PROBLEM TO WORK ON - Below are the records; copy every line in them that holds the string "forbidden".

[Records from a data collection]
*** Begin section ***

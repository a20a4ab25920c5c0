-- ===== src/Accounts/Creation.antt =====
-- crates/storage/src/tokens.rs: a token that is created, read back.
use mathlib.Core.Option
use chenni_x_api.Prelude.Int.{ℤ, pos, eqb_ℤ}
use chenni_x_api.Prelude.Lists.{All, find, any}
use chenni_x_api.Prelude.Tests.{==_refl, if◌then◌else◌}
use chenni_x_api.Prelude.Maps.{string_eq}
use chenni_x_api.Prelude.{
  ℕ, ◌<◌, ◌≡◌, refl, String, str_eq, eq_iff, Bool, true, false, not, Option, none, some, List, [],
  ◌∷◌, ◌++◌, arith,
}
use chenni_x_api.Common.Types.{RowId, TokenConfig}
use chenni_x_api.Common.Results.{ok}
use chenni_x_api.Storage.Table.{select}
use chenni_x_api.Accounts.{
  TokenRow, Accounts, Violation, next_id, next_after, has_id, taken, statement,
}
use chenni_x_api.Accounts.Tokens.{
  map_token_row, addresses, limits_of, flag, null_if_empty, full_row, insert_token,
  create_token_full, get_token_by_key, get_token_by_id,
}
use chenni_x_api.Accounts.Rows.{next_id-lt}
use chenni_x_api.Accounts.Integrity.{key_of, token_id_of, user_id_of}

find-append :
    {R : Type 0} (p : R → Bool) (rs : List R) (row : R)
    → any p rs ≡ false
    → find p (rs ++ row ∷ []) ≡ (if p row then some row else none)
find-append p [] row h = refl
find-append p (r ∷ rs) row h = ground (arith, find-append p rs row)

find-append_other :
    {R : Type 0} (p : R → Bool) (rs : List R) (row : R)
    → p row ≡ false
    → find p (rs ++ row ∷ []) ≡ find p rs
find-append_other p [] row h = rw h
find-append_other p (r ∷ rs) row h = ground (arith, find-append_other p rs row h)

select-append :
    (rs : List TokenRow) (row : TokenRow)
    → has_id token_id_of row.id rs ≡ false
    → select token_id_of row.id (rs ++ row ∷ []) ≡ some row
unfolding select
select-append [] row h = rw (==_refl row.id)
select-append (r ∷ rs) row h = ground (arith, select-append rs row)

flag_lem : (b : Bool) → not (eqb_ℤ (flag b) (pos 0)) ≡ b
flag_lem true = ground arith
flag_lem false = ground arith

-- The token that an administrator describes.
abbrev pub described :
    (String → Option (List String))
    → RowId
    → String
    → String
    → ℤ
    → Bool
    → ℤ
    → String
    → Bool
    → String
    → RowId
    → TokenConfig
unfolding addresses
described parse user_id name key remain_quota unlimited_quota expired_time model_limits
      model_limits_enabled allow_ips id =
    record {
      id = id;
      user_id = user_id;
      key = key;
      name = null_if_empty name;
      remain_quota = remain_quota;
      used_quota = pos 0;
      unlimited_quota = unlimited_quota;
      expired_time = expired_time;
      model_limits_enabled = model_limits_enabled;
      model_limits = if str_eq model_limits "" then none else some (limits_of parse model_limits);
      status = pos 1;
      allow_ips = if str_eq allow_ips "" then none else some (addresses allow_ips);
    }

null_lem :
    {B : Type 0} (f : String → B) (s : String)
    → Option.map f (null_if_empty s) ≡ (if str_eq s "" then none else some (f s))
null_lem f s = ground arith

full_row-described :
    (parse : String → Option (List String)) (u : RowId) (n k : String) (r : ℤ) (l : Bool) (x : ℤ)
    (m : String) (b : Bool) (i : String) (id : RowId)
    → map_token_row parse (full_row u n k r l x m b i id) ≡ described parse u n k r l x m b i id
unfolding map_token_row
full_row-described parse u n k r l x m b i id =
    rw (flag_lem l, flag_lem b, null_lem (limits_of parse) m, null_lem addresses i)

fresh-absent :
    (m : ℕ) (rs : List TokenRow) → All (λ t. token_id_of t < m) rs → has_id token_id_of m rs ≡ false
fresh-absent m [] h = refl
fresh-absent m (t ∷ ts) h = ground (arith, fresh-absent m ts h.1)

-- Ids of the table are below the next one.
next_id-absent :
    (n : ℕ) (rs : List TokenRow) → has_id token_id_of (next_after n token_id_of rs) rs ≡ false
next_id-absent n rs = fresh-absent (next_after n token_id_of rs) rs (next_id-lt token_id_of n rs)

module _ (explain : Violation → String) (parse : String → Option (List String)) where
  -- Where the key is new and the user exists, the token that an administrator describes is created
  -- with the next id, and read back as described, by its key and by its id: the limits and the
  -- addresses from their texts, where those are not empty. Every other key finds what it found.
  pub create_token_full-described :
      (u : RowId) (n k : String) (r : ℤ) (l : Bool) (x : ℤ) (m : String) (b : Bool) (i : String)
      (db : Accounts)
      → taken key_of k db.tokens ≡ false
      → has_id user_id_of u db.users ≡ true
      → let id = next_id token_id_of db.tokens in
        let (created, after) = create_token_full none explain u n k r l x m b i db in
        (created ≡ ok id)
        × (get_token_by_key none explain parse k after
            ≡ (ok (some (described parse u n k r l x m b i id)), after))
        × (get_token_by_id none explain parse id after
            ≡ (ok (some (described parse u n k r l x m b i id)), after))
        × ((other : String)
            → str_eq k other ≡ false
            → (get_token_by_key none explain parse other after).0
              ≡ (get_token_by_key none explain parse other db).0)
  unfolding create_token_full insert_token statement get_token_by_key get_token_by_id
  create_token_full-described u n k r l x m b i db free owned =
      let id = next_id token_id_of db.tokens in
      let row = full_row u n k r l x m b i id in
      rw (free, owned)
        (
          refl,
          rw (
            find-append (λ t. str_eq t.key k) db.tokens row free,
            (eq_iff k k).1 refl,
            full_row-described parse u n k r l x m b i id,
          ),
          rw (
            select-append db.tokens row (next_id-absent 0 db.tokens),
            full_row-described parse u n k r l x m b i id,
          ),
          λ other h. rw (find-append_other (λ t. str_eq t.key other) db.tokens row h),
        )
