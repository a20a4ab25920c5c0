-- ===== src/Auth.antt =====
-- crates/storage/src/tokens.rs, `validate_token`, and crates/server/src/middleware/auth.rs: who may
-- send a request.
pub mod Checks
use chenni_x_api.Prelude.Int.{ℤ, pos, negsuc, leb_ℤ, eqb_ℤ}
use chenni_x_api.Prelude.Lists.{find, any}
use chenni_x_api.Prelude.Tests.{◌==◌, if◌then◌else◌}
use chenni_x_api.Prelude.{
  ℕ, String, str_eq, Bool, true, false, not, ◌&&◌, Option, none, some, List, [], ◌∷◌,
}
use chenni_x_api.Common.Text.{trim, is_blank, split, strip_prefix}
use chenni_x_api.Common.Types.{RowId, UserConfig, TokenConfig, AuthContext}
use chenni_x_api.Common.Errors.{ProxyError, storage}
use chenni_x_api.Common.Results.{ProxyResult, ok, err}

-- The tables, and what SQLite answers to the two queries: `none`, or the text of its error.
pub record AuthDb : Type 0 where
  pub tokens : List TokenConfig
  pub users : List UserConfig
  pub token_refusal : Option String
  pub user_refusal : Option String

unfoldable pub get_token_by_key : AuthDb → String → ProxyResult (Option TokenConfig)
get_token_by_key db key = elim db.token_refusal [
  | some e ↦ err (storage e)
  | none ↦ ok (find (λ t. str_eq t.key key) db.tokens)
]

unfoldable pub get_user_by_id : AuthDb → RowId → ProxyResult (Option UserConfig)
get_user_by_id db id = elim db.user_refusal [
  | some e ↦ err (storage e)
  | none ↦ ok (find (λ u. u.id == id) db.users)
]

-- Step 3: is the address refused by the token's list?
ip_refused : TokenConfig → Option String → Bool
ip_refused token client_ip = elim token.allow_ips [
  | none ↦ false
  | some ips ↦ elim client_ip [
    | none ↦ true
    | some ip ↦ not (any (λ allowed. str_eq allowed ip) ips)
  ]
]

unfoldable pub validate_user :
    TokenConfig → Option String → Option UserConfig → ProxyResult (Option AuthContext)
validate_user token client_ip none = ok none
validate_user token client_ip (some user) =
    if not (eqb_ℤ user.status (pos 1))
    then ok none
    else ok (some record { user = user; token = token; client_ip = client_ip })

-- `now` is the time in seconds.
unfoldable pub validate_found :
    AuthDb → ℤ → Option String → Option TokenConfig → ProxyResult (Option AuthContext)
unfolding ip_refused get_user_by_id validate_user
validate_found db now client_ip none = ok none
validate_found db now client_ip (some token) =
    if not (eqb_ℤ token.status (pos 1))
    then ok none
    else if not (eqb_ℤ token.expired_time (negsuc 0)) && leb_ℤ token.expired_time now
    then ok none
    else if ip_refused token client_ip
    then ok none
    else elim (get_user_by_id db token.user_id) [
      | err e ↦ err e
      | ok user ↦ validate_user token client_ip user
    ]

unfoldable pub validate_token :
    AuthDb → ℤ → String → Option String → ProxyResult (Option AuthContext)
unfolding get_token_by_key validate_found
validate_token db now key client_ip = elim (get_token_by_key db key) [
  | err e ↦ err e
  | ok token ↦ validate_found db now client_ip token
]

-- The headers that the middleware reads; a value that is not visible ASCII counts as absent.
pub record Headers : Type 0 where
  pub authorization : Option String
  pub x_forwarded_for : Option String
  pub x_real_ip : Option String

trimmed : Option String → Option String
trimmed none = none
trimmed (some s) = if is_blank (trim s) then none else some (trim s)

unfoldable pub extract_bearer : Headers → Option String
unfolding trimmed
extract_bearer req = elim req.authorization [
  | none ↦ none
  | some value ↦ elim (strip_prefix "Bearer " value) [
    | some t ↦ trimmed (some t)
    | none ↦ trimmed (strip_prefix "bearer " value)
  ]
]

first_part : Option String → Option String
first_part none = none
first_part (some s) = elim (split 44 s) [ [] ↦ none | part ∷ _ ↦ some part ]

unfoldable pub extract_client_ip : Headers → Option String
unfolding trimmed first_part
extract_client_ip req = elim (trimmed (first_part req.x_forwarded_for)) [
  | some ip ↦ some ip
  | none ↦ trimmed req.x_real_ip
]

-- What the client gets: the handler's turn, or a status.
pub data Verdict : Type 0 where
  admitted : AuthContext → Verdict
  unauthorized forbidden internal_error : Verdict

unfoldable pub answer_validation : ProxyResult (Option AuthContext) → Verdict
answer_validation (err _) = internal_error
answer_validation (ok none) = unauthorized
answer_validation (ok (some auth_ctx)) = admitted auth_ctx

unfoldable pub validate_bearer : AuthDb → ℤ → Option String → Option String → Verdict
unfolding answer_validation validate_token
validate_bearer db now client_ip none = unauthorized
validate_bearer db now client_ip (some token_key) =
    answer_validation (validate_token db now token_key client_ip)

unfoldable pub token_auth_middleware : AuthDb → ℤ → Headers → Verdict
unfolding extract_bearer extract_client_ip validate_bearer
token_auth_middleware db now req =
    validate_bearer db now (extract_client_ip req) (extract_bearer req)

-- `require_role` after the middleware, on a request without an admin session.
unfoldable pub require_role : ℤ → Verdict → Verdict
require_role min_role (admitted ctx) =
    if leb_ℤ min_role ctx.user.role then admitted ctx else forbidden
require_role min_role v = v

*** End section ***

SOLUTION TO THE PROBLEM -
  unauthorized forbidden internal_error : Verdict
    if leb_ℤ min_role ctx.user.role then admitted ctx else forbidden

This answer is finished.